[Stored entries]

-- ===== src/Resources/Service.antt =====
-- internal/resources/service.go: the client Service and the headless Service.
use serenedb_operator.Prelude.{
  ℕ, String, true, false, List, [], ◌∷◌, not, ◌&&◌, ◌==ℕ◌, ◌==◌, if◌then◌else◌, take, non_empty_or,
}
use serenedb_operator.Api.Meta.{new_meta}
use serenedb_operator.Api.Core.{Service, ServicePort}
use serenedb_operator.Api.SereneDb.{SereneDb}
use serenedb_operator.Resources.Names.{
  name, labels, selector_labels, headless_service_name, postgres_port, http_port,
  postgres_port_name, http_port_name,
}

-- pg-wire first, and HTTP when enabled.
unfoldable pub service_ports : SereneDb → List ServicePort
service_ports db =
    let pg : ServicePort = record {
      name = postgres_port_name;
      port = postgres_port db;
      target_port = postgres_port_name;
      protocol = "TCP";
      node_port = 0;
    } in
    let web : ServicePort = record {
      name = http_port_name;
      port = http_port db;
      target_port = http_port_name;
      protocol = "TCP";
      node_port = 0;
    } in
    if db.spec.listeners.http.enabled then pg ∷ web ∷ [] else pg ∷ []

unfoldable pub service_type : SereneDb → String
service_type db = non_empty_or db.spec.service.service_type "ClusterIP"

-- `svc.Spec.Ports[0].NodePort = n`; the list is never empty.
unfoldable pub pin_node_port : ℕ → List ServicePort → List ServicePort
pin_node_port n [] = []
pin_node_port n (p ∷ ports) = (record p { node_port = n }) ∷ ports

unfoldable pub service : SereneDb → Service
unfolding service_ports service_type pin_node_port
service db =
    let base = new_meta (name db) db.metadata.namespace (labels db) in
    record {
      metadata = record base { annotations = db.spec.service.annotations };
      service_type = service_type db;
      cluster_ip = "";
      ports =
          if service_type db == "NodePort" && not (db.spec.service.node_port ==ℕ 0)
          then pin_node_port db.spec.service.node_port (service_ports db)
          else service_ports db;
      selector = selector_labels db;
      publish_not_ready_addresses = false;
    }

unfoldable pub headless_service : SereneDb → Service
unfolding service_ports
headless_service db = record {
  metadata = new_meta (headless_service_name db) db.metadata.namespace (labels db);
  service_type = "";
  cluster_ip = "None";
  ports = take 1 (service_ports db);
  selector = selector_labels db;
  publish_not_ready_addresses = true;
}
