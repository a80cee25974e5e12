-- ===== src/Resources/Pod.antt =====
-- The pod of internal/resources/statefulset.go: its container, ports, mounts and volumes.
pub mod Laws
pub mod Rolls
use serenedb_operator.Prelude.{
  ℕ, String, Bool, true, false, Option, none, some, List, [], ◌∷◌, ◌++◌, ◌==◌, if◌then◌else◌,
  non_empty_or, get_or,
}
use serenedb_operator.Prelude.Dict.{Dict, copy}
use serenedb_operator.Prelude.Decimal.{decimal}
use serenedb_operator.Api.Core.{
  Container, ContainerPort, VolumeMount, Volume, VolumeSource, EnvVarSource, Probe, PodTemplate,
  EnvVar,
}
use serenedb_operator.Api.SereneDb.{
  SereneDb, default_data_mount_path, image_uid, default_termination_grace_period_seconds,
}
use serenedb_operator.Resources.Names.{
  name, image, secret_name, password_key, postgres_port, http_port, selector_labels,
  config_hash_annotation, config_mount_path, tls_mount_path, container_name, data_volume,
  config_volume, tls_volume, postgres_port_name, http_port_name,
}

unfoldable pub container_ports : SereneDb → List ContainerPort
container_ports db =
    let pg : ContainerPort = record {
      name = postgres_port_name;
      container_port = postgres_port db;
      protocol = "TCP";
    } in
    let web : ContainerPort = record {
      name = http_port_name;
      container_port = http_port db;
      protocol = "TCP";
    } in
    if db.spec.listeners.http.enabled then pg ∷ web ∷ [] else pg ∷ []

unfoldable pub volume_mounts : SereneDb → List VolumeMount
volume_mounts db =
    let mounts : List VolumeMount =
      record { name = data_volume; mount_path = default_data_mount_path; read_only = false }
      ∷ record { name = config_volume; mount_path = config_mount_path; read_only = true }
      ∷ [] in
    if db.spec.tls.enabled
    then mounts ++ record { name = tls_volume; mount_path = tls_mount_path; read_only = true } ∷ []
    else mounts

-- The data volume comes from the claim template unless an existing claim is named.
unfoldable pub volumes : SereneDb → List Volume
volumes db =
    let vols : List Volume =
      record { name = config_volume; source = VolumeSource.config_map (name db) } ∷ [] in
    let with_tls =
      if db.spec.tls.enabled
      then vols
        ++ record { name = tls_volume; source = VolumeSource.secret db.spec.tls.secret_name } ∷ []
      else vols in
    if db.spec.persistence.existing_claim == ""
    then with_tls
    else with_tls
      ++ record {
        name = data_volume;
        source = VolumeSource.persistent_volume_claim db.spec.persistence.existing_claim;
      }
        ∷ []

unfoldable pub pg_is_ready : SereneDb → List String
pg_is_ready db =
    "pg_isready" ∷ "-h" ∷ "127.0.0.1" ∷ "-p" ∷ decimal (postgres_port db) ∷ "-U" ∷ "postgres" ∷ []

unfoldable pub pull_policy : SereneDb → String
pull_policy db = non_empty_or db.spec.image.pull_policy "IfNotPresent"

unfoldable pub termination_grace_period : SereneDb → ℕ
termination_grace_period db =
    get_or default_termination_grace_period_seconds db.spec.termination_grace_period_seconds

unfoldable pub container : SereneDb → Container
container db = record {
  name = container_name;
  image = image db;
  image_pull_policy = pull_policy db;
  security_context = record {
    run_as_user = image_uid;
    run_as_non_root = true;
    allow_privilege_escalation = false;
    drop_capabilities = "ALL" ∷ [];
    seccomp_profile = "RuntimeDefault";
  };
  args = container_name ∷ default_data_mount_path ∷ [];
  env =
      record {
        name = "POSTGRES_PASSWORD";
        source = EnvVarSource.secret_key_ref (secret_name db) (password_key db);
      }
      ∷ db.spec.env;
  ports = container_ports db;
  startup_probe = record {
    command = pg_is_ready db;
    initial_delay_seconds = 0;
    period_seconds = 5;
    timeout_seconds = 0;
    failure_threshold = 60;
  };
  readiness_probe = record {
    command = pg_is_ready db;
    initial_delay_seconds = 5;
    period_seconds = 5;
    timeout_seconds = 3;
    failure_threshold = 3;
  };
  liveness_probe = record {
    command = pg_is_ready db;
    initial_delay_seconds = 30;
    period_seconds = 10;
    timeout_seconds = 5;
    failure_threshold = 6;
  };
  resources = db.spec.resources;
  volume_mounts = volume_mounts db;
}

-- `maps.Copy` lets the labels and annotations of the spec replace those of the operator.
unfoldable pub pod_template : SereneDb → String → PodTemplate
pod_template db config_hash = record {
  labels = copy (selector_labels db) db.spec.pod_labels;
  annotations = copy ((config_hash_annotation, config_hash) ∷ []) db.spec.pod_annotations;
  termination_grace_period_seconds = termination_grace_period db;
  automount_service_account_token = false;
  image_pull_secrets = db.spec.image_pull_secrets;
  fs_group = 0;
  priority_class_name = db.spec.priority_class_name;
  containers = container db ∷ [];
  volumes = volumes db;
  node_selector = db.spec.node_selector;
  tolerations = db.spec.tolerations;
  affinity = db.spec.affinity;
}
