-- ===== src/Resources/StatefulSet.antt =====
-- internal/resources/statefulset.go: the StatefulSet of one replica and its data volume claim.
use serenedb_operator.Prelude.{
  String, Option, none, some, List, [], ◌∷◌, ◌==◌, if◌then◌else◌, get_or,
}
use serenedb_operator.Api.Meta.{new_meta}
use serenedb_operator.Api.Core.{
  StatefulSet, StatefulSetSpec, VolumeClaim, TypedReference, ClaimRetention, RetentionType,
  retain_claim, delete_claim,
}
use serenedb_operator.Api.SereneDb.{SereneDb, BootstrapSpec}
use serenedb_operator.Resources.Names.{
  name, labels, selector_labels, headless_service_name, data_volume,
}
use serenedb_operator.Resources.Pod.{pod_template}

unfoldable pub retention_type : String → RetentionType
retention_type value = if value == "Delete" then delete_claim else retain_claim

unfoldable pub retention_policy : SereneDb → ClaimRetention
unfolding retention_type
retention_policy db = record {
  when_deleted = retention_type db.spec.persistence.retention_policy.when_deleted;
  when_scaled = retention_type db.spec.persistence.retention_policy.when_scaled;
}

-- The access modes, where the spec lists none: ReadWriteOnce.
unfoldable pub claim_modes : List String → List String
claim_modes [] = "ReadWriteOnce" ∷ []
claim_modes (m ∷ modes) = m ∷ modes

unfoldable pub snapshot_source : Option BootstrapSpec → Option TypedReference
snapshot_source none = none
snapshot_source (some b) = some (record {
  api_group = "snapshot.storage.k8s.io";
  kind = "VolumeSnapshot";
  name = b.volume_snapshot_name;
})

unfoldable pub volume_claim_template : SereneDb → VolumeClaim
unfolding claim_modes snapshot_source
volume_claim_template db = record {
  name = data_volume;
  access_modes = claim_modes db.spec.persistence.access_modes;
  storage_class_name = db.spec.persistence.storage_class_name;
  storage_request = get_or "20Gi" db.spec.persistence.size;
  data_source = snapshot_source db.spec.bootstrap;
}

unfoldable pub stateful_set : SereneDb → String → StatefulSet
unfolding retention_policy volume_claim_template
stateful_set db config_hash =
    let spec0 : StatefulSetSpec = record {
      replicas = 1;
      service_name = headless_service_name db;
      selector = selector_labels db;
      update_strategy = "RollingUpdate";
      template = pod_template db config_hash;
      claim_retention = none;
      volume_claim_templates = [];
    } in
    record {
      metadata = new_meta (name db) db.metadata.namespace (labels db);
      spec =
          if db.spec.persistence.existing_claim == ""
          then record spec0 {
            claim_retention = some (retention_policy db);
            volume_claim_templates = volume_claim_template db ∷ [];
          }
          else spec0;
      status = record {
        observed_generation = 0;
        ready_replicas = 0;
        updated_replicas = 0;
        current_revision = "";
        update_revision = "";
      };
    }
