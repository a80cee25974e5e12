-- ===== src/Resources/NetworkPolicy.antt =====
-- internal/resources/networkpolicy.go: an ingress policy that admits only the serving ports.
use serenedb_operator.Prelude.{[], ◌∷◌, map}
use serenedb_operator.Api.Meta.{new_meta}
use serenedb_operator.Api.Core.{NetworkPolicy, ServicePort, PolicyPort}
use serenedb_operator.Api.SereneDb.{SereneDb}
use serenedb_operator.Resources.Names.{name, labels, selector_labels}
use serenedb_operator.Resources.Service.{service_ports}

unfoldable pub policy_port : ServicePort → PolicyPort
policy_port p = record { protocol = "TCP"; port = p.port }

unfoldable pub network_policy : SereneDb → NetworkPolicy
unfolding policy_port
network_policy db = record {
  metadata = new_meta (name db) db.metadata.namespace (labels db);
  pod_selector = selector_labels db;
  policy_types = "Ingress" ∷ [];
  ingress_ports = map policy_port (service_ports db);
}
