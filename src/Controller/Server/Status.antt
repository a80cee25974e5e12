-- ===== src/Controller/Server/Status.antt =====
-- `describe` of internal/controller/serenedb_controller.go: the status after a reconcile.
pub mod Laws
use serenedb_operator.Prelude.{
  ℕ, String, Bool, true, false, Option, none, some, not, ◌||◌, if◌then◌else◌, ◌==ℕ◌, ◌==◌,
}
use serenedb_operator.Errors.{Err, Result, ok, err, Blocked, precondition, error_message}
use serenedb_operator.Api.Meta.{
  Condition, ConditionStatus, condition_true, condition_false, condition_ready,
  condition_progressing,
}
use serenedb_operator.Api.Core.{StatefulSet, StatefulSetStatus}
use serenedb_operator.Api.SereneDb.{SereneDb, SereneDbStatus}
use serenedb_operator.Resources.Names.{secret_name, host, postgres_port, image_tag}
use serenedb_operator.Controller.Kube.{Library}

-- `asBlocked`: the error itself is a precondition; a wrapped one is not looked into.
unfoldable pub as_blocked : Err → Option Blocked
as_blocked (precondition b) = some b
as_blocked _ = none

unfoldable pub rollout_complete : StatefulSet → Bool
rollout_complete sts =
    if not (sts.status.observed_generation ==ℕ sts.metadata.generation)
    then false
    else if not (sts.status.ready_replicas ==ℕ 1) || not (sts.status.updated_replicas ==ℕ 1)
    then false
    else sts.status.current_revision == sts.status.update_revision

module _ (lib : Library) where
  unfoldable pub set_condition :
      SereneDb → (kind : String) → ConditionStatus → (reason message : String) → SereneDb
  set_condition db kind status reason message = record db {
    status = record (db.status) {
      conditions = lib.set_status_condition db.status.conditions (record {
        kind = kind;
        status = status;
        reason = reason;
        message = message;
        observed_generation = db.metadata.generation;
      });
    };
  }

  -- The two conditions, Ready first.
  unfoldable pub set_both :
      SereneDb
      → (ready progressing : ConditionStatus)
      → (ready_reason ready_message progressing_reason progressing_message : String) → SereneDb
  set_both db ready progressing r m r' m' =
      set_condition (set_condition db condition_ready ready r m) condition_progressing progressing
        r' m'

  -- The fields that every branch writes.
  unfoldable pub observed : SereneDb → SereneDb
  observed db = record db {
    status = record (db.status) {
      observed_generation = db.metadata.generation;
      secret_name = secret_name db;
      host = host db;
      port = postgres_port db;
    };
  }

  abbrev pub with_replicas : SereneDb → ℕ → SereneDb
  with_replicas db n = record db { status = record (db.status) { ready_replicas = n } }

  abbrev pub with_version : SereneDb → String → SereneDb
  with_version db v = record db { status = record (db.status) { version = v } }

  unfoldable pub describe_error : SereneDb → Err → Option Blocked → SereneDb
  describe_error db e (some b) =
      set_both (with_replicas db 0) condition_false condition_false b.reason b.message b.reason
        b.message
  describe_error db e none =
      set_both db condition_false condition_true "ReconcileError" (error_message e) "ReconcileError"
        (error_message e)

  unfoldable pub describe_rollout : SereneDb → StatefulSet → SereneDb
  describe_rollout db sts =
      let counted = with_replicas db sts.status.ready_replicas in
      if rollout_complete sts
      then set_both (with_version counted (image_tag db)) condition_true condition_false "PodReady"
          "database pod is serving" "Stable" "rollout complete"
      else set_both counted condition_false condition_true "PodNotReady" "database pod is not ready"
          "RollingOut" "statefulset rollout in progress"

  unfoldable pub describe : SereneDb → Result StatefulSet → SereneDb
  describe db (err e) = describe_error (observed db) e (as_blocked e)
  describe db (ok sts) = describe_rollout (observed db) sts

## EXERCISE DIRECTIONS
Output, from the data above, the lines from the line with "timeout_seconds = 5;" to the line with "unfoldable pub pod_template" exactly as they stand, both ends included and nothing else.

## RESPONSE AREA
    timeout_seconds = 5;
    failure_threshold = 6;
  };
  resources = db.spec.resources;
  volume_mounts = volume_mounts db;
}

-- `maps.Copy` lets the labels and annotations of the spec replace those of the operator.
unfoldable pub pod_template : SereneDb → String → PodTemplate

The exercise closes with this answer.